Required work:
Filter the material below so that only lines containing "record" remain.

*** Block opens ***

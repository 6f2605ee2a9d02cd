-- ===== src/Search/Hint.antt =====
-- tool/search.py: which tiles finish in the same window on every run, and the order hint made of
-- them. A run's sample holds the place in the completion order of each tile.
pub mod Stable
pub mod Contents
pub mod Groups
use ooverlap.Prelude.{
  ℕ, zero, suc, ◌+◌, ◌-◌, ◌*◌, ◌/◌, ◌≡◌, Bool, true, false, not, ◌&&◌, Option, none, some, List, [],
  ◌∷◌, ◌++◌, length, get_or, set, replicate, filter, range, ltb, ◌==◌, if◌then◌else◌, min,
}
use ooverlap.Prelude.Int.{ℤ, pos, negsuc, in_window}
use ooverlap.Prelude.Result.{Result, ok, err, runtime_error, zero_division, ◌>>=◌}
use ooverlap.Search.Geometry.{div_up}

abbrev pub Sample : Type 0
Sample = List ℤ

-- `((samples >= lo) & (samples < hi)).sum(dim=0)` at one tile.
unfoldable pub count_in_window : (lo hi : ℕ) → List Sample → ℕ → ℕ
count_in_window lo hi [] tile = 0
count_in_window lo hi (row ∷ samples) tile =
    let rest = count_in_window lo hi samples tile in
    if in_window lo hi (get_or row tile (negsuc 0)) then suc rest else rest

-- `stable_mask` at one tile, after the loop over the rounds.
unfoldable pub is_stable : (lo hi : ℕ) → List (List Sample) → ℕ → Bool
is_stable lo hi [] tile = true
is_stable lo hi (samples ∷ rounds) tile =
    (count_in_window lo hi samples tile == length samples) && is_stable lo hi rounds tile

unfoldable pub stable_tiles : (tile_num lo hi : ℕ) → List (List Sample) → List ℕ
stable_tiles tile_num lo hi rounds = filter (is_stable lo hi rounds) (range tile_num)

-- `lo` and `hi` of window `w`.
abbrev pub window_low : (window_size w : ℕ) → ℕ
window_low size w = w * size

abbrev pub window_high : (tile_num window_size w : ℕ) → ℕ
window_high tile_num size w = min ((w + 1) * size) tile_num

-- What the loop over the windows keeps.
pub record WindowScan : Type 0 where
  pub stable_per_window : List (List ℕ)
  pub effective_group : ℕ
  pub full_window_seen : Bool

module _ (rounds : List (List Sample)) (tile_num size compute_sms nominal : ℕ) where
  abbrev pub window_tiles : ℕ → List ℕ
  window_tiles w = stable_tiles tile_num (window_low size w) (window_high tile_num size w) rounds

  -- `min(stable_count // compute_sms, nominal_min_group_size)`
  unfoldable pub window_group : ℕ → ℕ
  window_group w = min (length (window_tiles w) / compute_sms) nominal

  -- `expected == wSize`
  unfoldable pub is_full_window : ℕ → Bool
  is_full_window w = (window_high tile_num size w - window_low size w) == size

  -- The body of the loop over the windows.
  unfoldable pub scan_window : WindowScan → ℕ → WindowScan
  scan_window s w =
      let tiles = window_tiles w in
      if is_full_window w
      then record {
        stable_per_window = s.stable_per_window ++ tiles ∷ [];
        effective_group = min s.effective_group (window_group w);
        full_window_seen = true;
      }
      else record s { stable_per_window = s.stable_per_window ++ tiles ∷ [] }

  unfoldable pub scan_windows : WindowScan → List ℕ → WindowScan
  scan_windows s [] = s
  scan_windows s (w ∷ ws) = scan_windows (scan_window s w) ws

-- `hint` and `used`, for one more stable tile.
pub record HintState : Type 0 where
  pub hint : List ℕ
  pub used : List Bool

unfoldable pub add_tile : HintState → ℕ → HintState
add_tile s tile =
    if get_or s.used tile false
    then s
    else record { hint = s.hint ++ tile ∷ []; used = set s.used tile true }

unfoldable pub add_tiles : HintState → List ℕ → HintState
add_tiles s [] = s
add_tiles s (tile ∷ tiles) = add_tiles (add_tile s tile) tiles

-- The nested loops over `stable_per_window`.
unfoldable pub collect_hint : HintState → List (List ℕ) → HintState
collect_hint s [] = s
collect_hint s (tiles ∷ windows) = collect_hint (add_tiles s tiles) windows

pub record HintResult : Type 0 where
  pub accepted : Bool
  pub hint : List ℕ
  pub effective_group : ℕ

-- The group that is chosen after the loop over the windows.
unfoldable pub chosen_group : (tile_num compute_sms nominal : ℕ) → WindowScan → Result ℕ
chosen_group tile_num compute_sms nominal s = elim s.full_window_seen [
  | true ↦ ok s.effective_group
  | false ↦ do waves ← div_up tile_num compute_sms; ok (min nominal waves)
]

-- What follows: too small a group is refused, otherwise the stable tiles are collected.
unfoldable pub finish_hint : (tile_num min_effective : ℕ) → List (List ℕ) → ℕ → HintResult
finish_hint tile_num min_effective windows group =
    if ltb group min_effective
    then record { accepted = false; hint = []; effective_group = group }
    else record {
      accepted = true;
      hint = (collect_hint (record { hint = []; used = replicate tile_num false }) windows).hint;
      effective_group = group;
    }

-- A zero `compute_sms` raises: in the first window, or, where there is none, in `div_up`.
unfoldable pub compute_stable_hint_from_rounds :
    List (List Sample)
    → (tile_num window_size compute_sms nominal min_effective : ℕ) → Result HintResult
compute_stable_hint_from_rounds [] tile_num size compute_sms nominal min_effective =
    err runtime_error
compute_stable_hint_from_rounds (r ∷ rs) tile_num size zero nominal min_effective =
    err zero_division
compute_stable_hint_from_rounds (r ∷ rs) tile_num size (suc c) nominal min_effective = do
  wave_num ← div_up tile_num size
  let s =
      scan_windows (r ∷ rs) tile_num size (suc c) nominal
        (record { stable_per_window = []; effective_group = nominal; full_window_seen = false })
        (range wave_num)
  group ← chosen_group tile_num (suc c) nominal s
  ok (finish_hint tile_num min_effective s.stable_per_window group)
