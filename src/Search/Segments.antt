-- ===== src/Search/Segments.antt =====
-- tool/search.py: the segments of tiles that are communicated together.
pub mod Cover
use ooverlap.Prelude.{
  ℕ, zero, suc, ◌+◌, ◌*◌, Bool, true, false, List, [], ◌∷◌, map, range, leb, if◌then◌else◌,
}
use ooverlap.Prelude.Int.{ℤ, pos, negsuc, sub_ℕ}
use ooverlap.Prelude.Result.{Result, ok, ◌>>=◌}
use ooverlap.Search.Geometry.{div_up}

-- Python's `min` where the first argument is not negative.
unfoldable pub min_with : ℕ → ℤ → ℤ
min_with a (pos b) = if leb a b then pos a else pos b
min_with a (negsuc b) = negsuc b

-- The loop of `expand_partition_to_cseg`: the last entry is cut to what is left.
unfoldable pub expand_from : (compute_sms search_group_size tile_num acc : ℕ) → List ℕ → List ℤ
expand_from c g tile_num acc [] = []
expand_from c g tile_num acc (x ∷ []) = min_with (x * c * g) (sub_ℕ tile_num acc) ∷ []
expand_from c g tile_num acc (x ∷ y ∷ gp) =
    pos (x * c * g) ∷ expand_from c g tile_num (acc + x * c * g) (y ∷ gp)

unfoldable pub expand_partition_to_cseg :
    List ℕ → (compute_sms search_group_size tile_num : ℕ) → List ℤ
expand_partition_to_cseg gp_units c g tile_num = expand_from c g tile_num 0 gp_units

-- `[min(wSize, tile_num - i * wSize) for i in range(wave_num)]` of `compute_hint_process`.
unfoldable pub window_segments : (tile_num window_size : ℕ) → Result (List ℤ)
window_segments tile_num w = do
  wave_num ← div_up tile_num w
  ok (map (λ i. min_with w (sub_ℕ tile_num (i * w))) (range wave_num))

*** Block closes ***

Answer to this problem:
pub record WindowScan : Type 0 where
      then record {
      else record s { stable_per_window = s.stable_per_window ++ tiles ∷ [] }
pub record HintState : Type 0 where
    else record { hint = s.hint ++ tile ∷ []; used = set s.used tile true }
pub record HintResult : Type 0 where
    then record { accepted = false; hint = []; effective_group = group }
    else record {
      hint = (collect_hint (record { hint = []; used = replicate tile_num false }) windows).hint;
        (record { stable_per_window = []; effective_group = nominal; full_window_seen = false })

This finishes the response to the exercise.